KROLL. Nie mogę na waszę korzyść zmienić moich zapatrywań, nie wielka przepaść dzieli wolnomyślność od.. hm...
ROSMER. Od czego?
KROLL. Od wolnéj miłości... skoro to chcesz usłyszéć.
ROSMER (cicho). I nie wstydzisz mi się tego powiedziéć? Ty, który znałeś mnie od najpierwszéj młodości?
KROLL. Właśnie dlatego. Wiem, jak łatwo ulegasz wpływowi tych, z któremi przestajesz. A ta twoja Rebeka... No, ta panna West, cóż my o niéj wiemy? Krótko mówiąc, nie opuszczę cię, Rosmerze, ale ty sam... musisz starać się ratować sam, póki czas.
ROSMER. Ratować od czego? (Pani Helseth wchodzi przez drzwi z lewéj strony). Czego pani chce?
PANI HELSETH. Chciałam poprosić panny West, by przyszła na dół.
ROSMER. Niéma tu panny West.
PANI HELSETH. Niéma! (ogląda się wokoło) To dziwne. (odchodzi).
ROSMER. Mówiłeś?
KROLL. Posłuchahaj mnie jeszcze. Co się tu działo potajemnie za życia Beaty, i co się teraz dzieje, tego badać nie będę. Byłeś bardzo nieszczęśliwy w małżeństwie, trzeba to przyznać na twoje usprawiedliwienie.
ROSMER. Ach! jakże ty mnie nie znasz.
KROLL. Nie przerywaj mi. Otóż chciałem powiedzieć, że jeśli macie tak daléj żyć razem z panną West, jest rzeczą konieczną, ażebyś ukrył smutne odstępstwo, do którego cię przywiodła. Pozwól mi mówić. Otóż powiadam, że skoro tak już jest, możesz o Bogu myśleć, co chcesz, byleś przynajmniéj zachował swoje mniemania dla siebie samego. Jest to rzecz czysto osobista. Nie potrzeba tego krzyczéć głośno po całym kraj.
ROSMER. Dla mnie jest rzeczą konieczną wyjść z fałszywego położenia.

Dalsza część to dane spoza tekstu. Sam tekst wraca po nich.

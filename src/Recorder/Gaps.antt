-- ===== src/Recorder/Gaps.antt =====
-- What the counters of `_observe` in exchange/binance_usdm/websocket.py say of a stream of events.
use binance_algo.Base.{
  ◌∙◌, Bool-cases, eq_iff, length, ◌+◌, arith, ◌≡◌, ◌&&◌, if◌then◌else◌, str_eq, ◌<◌, refl, inl,
  inr, ℕ, String, Bool, true, false, some, List, [], ◌∷◌,
}
use binance_algo.Recorder.Sequence.{Observed, StreamEvent, observe, observe_all}

abbrev pub is_trade_of : String → StreamEvent → Bool
is_trade_of k e = str_eq e.event_type "aggregate_trades" && str_eq e.symbol k

-- The ids of the aggregate trades of a symbol, in the order of their arrival.
abbrev pub trade_ids : String → List StreamEvent → List ℕ
trade_ids k [] = []
trade_ids k (e ∷ es) =
    let rest = trade_ids k es in if is_trade_of k e then e.aggregate_trade_id ∷ rest else rest

-- Every id is higher than the one before it.
abbrev pub IsIncreasing : ℕ → List ℕ → Type 0
IsIncreasing a [] = Unit
IsIncreasing a (b ∷ ids) = (a < b) × IsIncreasing b ids

abbrev pub last_id : ℕ → List ℕ → ℕ
last_id a [] = a
last_id a (b ∷ ids) = last_id b ids

other :
    (k : String) (e : StreamEvent) (s : Observed)
    → is_trade_of k e ≡ false
    → let t = observe e s in
      (t.sequence_gaps_by_symbol k ≡ s.sequence_gaps_by_symbol k)
      × (t.sequence_regressions_by_symbol k ≡ s.sequence_regressions_by_symbol k)
      × (t.last_aggregate_trade_id k ≡ s.last_aggregate_trade_id k)
unfolding observe
other k e s apart = (ground arith, ground arith, ground arith)

higher :
    (k : String) (e : StreamEvent) (s : Observed) {a : ℕ}
    → is_trade_of k e ≡ true
    → s.last_aggregate_trade_id k ≡ some a
    → a < e.aggregate_trade_id
    → let t = observe e s in
      (t.sequence_gaps_by_symbol k + 1 + a ≡ s.sequence_gaps_by_symbol k + e.aggregate_trade_id)
      × (t.sequence_regressions_by_symbol k ≡ s.sequence_regressions_by_symbol k)
      × (t.last_aggregate_trade_id k ≡ some e.aggregate_trade_id)
unfolding observe
higher k e s {a} trade last lt =
    let same = (eq_iff e.symbol k).0 in
    (ground (arith, same), ground (arith, same), ground (arith, same))

-- If the ids of a symbol's aggregate trades increase from the last one seen, then the gaps counted
-- and the trades received together account for every id up to the last, no regression is counted,
-- and the last id is remembered, whatever else the stream carries.
pub observe_all-accounts :
    (k : String) (es : List StreamEvent) (s : Observed) {a : ℕ}
    → s.last_aggregate_trade_id k ≡ some a
    → IsIncreasing a (trade_ids k es)
    → let t = observe_all es s in
      (t.sequence_gaps_by_symbol k + length (trade_ids k es) + a
        ≡ s.sequence_gaps_by_symbol k + last_id a (trade_ids k es))
      × (t.sequence_regressions_by_symbol k ≡ s.sequence_regressions_by_symbol k)
      × (t.last_aggregate_trade_id k ≡ some (last_id a (trade_ids k es)))
unfolding observe_all
observe_all-accounts k [] s {a} last increasing = (omega arith, refl, last)
observe_all-accounts k (e ∷ es) s {a} last increasing = elim (Bool-cases (is_trade_of k e)) [
  | inl trade ↦
      let (below, rest) : IsIncreasing a (e.aggregate_trade_id ∷ trade_ids k es) =
        rw trade at increasing in
      let (gaps, regressions, seen) = higher k e s trade last below in
      let (gaps', regressions', seen') = observe_all-accounts k es (observe e s) seen rest in
      rw (trade) (omega (arith, gaps, gaps'), regressions' ∙ regressions, seen')
  | inr apart ↦
      let (gaps, regressions, seen) = other k e s apart in
      let (gaps', regressions', seen') =
        observe_all-accounts k es (observe e s) (seen ∙ last) (rw apart at increasing) in
      rw (apart) (omega (arith, gaps, gaps'), regressions' ∙ regressions, seen')
]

KROLL. Masz także obowiązki względem tradycyi twojego rodu. Nie zapominaj o tém. Od niepamiętnych czasów Rosmersholm był siedliskiem porządku, praw moralnych i poszanowania tego, co najlepsi w naszem społeczeństwie czcili i uznawali. Cała okolica wzorowała się na Rosmersholmie. Wiadomość, żeś sam zerwał z tém, co stanowiło hasła twego rodu wywołałaby nieszczęsne i szkodliwe zamieszanie.
ROSMER. Kochany Krollu, nie mogę w ten sposób zapatrywać się
Strona:Henryk Ibsen - Wybór dramatów.djvu/413
Ta strona została skorygowana.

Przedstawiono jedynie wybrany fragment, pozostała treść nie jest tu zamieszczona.